__INSTRUCTIONS TO FOLLOW__
Search the listing for "made" and copy every line where it appears.

__INFORMATION SUPPLIED__
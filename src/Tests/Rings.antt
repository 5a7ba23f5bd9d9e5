-- ===== src/Tests/Rings.antt =====
-- Two servers, listed in two orders.
use go_im_system.Prelude.{
  ℕ, zero, suc, ◌+◌, ◌*◌, ◌%◌, ◌^◌, ◌≡◌, ◌≢◌, sym, ap, ◌∙◌, [], ◌∷◌, In, inl, inr, ◌↔◌, arith,
}
use go_im_system.Text.{Text, codes, format_int}
use go_im_system.Rpc.Ring.{get}
use go_im_system.Rpc.Ring.Points.{place}
use go_im_system.Rpc.Ring.Order.{NoCollision, ring, same_ring}

abbrev hash : Text → ℕ
hash [] = 7
hash (c ∷ t) = (c + 31 * hash t) % 2 ^ 32

abbrev first_server : Text
first_server = codes "tcp@a:1"

abbrev second_server : Text
second_server = codes "tcp@b:2"

distinct : place hash 0 first_server ≢ place hash 0 second_server
unfolding format_int
distinct e = ground (arith, e)

apart : NoCollision hash 1 (first_server ∷ (second_server ∷ []))
apart s t zero zero (inl here) (inl there) small little same = ground (arith, here, there)
apart s t zero zero (inr (inl here)) (inr (inl there)) small little same =
    ground (arith, here, there)
apart s t zero zero (inl here) (inr (inl there)) small little same =
    absurd (distinct (ap (place hash 0) (sym here) ∙ same ∙ ap (place hash 0) there))
apart s t zero zero (inr (inl here)) (inl there) small little same =
    absurd (distinct (ap (place hash 0) (sym there) ∙ sym same ∙ ap (place hash 0) here))
apart s t zero zero (inr (inr none_left)) there small little same = elim none_left [ ]
apart s t zero zero (inl here) (inr (inr none_left)) small little same = elim none_left [ ]
apart s t zero zero (inr (inl here)) (inr (inr none_left)) small little same = elim none_left [ ]
apart s t (suc i) k here there small little same = absurd (omega (arith, small))
apart s t zero (suc k) here there small little same = absurd (omega (arith, little))

swapped :
    (t : Text)
    → In t (first_server ∷ (second_server ∷ [])) ↔ In t (second_server ∷ (first_server ∷ []))
swapped t = ground arith

same_ring_example :
    get (codes "42") (ring hash 1 (first_server ∷ (second_server ∷ [])))
    ≡ get (codes "42") (ring hash 1 (second_server ∷ (first_server ∷ [])))
same_ring_example =
    same_ring hash 1 (first_server ∷ (second_server ∷ [])) (second_server ∷ (first_server ∷ []))
      (codes "42") swapped apart
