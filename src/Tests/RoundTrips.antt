-- ===== src/Tests/RoundTrips.antt =====
-- A call, its handler's error, and what the caller learns.
use go_im_system.Prelude.{
  ℕ, ◌≡◌, ◌≢◌, refl, ap, sym, subst, ◌∙◌, true, List, [], ◌∷◌, ◌++◌, Option, none, some, arith, ◌⊎◌,
  lookup, nat_eq, length, take, drop, take-length_append, drop-length_append,
}
use mathlib.Core.Option.{some_inj}
use go_im_system.Text.{Text, codes}
use go_im_system.Rpc.Codec.{protobuf_codec, Bytes, Header, Proto, message, write}
use go_im_system.Rpc.Server.{read_request, request}
use go_im_system.Rpc.Server.Loop.{start}
use go_im_system.Rpc.Handling
use go_im_system.Rpc.Handling.{Response, ended, left, timeout_error}
use go_im_system.Rpc.Handling.Answer.{response_of, too_late}
use go_im_system.Rpc.Client
use go_im_system.Rpc.Client.{new_client_codec, at_header}
use go_im_system.Rpc.RoundTrip.{call_header}
use go_im_system.Rpc.RoundTrip.Answered.{Fits, FitsBody}
use go_im_system.Rpc.RoundTrip.Outcome.{handled_by, reply_of, Learns, round_trip}
use go_im_system.Tests.Requests.{body_from, body-law, online_type, services, find_online}

-- Headers as a number, the length of the method's name, the name and the error.
abbrev header_bytes : Header → Bytes
header_bytes h = h.seq ∷ (length h.service_method ∷ h.service_method ++ h.error)

abbrev header_from : Bytes → Option Header
header_from (n ∷ (k ∷ d)) = some (record { service_method = take k d; seq = n; error = drop k d })
header_from _ = none

header-back : (h : Header) → header_from (header_bytes h) ≡ some h
header-back h =
    rw (take-length_append h.service_method h.error, drop-length_append h.service_method h.error)
      refl

abbrev wired : Proto
wired = record {
  Body = ℕ;
  marshal_header = λ h. some (header_bytes h);
  unmarshal_header = header_from;
  marshal_body = λ n. some (n ∷ []);
  unmarshal_body = body_from;
  header-law = λ h d made. subst (λ b. header_from b ≡ some h) (some_inj.0 made) (header-back h);
  body-law = body-law;
}

abbrev one_byte : (n : ℕ) → FitsBody wired n
one_byte n = record { bytes = n ∷ []; made = refl; small = omega arith }

abbrev offline : Text
offline = codes "offline"

abbrev sends : List Client.Turn
sends = Client.send_call (codes "Logic.Online") ∷ (Client.write_ends none ∷ [])

abbrev first_error : List Response → Text
first_error [] = []
first_error (r ∷ rs) = r.error

abbrev carries :
    (e : Text)
    → length e ≡ 7
    → Fits wired (record (call_header (codes "Logic.Online") 1) { error = e })
carries e seven = record {
  bytes = header_bytes (record (call_header (codes "Logic.Online") 1) { error = e });
  made = refl;
  small = omega (arith, seven);
}

abbrev carries_request : Fits wired (call_header (codes "Logic.Online") 1)
carries_request = record {
  bytes = header_bytes (call_header (codes "Logic.Online") 1);
  made = refl;
  small = omega arith;
}

abbrev answer : Handling.Handling
answer = handled_by 10 (codes "10s") [] (some offline)

answer_sent : answer.responses ≡ response_of [] (some offline) ∷ []
unfolding Handling.run Handling.step
answer_sent = refl

answer_ended : answer.worker ≡ ended (some offline)
unfolding Handling.run Handling.step
answer_ended = refl

fits :
    (r : Response)
    → answer.responses ≡ r ∷ []
    → Fits wired (record (call_header (codes "Logic.Online") 1) { error = r.error })
fits r e =
    let same : offline ≡ r.error = ap first_error (sym answer_sent ∙ e) in
    carries r.error (ap length (sym same))

spoken : (x : Option Text) → answer.worker ≡ ended x → x ≢ some []
spoken none e empty = absurd (ground (arith, empty))
spoken (some t) e empty = absurd (ground (arith, sym answer_ended ∙ e, empty))

waits_there : lookup 1 (Client.run sends new_client_codec).pending ≡ some 0
unfolding Client.run Client.step Client.send Client.written Client.register_call
waits_there = refl

reads_on : (Client.run sends new_client_codec).receiver ≡ at_header
unfolding Client.run Client.step Client.send Client.written Client.register_call
reads_on = refl

round_trip_example :
    let c = Client.run sends new_client_codec in
    let h = call_header (codes "Logic.Online") 1 in
    (read_request
        (protobuf_codec wired)
        (λ t. true)
        services
        (write wired h (message 7) start).1.sent
      ≡ (request h online_type (some 7), []))
    × (((x : Option Text) × (answer.worker ≡ ended x)
          × Learns wired [] answer h 9 (response_of [] x) start [] c 0 x (reply_of wired x 9))
        ⊎ ((answer.waiter ≡ left)
            × Learns wired [] answer h 9
                (too_late (codes "10s"))
                start
                []
                c
                0
                (some (timeout_error (codes "10s")))
                none))
round_trip_example =
    round_trip wired (λ t. true) services sends 1 0 (codes "Logic.Online") online_type 7 9 10
      (codes "10s") [] [] (some offline) start [] reads_on waits_there carries_request (one_byte 7)
      (one_byte 9) find_online refl refl fits spoken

__ANSWER__
  header-law = λ h d made. subst (λ b. header_from b ≡ some h) (some_inj.0 made) (header-back h);
one_byte n = record { bytes = n ∷ []; made = refl; small = omega arith }
  made = refl;
  made = refl;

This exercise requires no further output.